> [Work item] Could you reproduce the lines below from the one with "d3d_device format e'" through the one with "(record (reset e)"? Keep both ends and add nothing.

> [Raw data]
Content starts

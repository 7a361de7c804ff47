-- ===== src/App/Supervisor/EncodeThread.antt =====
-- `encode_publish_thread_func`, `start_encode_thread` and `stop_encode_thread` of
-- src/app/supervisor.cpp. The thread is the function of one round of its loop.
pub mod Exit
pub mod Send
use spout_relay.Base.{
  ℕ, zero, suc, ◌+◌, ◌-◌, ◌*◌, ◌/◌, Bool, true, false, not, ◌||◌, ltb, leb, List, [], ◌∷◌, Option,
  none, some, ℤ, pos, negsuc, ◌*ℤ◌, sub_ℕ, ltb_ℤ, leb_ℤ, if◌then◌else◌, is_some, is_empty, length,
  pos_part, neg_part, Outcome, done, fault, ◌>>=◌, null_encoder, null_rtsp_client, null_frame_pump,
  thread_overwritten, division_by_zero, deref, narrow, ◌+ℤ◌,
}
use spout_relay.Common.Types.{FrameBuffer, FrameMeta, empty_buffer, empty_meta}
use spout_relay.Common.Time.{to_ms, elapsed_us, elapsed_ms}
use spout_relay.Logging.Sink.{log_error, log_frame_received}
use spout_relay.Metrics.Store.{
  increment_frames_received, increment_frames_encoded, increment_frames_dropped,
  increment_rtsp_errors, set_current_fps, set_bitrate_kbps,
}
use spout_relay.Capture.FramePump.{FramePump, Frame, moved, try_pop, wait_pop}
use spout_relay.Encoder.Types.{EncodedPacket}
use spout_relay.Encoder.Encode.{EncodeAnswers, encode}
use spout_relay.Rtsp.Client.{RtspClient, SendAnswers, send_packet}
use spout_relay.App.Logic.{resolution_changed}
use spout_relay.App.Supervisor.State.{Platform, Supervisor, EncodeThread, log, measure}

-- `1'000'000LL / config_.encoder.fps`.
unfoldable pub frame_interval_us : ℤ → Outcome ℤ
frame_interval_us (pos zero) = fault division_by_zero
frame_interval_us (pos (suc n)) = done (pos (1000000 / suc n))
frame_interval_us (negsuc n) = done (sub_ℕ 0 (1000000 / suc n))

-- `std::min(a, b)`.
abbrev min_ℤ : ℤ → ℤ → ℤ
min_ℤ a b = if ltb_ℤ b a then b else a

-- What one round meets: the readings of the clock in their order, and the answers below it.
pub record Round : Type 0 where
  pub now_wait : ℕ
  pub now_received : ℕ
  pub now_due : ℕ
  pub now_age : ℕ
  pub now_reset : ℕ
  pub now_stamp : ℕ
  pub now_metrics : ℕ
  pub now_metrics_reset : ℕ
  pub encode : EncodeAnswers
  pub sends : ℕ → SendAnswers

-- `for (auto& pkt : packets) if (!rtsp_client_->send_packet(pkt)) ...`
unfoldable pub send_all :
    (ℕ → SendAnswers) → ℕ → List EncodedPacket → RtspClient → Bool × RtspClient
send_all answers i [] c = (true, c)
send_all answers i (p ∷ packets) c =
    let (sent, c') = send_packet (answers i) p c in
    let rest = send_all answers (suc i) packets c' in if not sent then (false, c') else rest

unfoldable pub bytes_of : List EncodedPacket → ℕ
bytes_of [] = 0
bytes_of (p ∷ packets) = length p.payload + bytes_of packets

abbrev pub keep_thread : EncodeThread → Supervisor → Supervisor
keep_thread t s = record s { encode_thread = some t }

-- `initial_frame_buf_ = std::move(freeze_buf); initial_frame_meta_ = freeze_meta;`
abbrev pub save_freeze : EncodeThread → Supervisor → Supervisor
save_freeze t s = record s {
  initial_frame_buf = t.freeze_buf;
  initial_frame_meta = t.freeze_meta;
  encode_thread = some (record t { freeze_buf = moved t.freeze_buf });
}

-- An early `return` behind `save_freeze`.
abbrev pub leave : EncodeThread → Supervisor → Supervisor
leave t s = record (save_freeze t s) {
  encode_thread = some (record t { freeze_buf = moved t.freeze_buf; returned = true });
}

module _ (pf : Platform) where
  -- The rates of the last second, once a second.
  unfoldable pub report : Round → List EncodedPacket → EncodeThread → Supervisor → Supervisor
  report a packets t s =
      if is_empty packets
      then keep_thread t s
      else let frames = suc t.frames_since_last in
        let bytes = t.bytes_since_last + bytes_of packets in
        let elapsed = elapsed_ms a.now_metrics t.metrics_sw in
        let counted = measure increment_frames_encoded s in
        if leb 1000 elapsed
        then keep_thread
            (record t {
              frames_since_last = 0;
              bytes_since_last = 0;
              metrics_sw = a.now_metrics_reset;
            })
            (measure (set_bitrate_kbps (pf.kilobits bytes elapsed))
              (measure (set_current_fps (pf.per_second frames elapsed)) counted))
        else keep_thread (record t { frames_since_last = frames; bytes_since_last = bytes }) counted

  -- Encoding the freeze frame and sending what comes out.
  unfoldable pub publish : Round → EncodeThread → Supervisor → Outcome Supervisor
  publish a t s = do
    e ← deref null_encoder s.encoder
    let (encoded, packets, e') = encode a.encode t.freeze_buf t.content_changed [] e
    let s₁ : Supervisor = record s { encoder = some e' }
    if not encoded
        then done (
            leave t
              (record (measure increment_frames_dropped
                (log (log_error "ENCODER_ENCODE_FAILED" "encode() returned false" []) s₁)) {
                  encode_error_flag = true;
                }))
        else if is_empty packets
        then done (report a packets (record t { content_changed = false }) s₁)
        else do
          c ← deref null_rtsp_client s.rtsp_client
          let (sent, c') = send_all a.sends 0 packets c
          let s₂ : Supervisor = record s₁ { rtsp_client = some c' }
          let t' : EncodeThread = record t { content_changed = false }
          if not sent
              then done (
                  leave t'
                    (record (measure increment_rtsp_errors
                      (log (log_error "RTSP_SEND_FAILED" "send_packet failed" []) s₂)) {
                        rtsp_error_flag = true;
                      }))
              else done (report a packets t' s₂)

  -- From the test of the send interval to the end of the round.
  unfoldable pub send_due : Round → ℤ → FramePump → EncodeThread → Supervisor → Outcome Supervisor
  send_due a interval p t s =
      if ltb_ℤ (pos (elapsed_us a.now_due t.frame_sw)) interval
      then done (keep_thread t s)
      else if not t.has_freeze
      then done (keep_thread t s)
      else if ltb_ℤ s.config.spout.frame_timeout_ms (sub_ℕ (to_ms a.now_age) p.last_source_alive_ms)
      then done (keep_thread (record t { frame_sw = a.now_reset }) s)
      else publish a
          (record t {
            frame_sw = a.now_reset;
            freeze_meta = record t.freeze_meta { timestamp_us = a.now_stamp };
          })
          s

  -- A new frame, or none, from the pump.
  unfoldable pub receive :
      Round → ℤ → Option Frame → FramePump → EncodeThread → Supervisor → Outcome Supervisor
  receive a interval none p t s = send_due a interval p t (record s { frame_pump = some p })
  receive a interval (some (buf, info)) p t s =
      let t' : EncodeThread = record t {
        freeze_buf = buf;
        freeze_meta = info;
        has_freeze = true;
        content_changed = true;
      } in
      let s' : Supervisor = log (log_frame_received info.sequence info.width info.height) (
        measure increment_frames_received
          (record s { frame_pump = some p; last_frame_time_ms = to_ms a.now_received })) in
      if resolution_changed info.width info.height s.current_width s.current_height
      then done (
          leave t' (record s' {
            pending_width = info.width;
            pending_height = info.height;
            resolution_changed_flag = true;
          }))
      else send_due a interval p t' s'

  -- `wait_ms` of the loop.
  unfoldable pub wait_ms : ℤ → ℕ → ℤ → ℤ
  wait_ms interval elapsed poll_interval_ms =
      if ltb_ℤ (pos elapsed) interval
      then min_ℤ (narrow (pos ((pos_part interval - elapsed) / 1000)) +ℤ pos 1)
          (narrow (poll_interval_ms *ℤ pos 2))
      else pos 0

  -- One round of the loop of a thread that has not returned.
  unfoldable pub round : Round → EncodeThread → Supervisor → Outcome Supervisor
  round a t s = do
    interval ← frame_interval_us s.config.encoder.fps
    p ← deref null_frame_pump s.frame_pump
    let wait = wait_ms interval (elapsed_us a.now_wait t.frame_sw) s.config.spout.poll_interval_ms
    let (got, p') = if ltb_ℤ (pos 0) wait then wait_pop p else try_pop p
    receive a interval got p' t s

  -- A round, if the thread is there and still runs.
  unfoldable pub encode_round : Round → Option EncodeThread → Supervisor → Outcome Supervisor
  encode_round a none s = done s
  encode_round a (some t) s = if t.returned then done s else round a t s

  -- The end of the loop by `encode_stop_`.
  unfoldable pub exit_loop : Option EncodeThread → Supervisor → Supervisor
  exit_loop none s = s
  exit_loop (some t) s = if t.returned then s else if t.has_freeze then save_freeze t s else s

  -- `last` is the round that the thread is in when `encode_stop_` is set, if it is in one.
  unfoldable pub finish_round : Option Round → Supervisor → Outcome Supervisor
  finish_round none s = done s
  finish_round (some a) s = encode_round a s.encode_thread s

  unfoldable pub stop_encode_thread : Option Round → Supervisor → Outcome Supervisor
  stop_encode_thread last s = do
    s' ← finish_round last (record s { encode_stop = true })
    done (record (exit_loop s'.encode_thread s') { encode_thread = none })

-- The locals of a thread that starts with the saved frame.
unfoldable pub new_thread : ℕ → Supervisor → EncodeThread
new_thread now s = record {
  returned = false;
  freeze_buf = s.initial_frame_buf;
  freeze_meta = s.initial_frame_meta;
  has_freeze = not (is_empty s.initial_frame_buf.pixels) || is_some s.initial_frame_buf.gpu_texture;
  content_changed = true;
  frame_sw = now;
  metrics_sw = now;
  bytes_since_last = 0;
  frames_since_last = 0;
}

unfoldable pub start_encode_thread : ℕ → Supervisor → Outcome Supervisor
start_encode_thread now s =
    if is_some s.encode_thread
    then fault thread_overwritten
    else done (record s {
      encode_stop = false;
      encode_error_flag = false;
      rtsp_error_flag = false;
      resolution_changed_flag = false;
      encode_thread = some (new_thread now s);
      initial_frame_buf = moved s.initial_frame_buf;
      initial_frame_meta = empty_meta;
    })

Content ends
Content starts

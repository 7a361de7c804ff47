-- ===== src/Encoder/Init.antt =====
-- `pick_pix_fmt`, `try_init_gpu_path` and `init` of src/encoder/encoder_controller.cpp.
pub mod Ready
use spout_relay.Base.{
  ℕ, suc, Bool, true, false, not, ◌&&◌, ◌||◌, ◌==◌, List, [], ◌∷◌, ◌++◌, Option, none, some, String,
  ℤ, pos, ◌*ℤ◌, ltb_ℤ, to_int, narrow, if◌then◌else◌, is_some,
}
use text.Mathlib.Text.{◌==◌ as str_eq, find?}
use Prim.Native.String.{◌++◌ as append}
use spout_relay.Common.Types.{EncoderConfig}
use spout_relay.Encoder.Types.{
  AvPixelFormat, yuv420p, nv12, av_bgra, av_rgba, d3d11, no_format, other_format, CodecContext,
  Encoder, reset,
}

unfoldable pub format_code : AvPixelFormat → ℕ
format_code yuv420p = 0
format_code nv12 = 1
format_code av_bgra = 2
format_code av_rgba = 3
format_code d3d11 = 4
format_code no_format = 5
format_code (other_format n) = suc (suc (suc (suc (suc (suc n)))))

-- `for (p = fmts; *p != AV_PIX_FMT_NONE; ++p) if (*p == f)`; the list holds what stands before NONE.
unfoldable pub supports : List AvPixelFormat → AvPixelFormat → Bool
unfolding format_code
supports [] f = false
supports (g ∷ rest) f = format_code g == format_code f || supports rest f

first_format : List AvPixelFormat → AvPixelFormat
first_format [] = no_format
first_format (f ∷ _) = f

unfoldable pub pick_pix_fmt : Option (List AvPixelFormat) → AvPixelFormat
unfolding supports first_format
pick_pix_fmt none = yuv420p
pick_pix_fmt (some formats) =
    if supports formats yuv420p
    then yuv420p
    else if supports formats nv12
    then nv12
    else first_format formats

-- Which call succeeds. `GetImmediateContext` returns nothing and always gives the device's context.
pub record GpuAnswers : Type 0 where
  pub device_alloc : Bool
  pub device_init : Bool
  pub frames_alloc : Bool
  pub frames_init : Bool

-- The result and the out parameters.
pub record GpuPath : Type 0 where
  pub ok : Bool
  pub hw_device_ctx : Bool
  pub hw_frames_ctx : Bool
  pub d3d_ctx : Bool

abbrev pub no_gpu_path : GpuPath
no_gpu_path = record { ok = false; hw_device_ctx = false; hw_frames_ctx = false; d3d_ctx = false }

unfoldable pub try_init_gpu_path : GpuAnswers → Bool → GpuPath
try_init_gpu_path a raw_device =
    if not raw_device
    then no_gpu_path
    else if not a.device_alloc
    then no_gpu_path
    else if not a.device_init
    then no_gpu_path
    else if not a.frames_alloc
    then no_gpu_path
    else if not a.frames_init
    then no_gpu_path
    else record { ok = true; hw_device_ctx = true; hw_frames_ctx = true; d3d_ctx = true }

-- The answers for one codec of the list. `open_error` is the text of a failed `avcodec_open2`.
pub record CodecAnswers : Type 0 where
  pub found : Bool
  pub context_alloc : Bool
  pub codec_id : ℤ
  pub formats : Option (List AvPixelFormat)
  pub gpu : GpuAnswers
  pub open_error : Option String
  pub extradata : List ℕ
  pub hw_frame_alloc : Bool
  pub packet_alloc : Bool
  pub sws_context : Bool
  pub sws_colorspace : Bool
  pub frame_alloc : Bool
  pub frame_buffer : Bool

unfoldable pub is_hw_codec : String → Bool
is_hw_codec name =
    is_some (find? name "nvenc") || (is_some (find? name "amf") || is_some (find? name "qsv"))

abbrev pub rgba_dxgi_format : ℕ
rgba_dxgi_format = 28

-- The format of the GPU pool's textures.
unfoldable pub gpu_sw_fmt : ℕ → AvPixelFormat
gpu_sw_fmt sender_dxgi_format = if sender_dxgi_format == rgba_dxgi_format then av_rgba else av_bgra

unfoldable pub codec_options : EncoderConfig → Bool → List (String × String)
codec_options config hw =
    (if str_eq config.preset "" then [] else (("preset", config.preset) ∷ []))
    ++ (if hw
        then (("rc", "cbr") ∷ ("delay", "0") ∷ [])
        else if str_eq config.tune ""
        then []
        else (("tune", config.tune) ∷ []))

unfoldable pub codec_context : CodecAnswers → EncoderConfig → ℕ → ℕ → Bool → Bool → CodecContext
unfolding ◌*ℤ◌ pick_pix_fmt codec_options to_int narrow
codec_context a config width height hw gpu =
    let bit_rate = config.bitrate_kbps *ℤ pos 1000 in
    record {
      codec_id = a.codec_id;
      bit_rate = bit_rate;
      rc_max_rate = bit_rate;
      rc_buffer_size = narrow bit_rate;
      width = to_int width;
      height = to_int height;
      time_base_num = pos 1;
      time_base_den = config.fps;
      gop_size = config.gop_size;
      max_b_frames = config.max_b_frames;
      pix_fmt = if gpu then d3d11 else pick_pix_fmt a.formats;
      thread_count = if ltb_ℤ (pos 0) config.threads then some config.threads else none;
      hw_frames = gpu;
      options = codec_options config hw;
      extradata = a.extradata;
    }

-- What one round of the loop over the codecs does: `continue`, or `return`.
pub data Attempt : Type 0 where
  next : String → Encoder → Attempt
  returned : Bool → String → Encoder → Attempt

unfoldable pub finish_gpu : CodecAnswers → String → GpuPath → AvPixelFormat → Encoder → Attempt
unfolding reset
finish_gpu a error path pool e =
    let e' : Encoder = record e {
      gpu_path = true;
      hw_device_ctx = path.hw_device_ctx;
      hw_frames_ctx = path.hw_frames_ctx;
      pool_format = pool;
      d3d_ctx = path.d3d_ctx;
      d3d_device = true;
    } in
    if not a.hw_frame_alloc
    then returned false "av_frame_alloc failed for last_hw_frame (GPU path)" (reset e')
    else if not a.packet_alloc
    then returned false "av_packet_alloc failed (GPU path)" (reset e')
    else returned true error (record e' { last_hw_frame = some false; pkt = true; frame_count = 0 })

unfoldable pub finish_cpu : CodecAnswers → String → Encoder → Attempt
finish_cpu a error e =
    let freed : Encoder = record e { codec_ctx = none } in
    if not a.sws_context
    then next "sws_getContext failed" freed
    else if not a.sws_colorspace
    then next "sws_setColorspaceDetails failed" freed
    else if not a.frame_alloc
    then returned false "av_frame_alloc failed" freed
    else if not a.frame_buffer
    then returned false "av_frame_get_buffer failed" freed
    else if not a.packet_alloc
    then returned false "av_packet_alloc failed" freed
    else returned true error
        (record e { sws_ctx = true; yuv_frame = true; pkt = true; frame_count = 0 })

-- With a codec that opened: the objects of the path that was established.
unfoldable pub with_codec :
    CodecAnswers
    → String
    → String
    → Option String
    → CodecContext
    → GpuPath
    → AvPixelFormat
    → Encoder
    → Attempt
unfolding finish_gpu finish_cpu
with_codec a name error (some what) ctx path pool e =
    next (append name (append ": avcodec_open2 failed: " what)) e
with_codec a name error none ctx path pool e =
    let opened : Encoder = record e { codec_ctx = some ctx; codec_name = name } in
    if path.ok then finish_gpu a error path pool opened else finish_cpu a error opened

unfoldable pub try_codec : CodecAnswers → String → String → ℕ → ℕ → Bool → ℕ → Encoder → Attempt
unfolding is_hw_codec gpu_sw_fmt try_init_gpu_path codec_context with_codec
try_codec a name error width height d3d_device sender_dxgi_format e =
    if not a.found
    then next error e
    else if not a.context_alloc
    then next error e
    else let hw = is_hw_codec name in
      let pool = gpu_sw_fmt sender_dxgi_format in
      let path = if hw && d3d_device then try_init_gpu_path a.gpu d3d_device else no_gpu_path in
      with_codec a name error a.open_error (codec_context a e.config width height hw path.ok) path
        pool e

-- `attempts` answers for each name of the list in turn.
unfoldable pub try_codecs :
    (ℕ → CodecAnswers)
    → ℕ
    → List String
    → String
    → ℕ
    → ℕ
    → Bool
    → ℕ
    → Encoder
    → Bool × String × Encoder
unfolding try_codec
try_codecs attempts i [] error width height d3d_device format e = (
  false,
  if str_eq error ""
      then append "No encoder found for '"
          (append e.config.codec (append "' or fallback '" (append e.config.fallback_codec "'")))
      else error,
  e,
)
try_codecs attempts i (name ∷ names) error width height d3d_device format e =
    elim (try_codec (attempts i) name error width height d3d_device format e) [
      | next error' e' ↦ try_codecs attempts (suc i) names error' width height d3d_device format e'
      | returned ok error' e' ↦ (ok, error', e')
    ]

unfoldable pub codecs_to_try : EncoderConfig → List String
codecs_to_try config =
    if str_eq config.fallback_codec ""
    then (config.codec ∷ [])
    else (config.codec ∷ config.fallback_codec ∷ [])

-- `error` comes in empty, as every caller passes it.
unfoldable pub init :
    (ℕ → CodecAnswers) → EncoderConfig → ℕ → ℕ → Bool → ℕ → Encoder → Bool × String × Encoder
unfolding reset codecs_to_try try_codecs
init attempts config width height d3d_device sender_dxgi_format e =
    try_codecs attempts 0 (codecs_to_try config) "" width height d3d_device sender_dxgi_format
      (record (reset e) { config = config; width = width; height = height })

Content ends

> [Written answer]
      | next error' e' ↦ try_codecs attempts (suc i) names error' width height d3d_device format e'
      | returned ok error' e' ↦ (ok, error', e')
    ]

unfoldable pub codecs_to_try : EncoderConfig → List String
codecs_to_try config =
    if str_eq config.fallback_codec ""
    then (config.codec ∷ [])
    else (config.codec ∷ config.fallback_codec ∷ [])

-- `error` comes in empty, as every caller passes it.
unfoldable pub init :
    (ℕ → CodecAnswers) → EncoderConfig → ℕ → ℕ → Bool → ℕ → Encoder → Bool × String × Encoder
unfolding reset codecs_to_try try_codecs
init attempts config width height d3d_device sender_dxgi_format e =
    try_codecs attempts 0 (codecs_to_try config) "" width height d3d_device sender_dxgi_format
      (record (reset e) { config = config; width = width; height = height })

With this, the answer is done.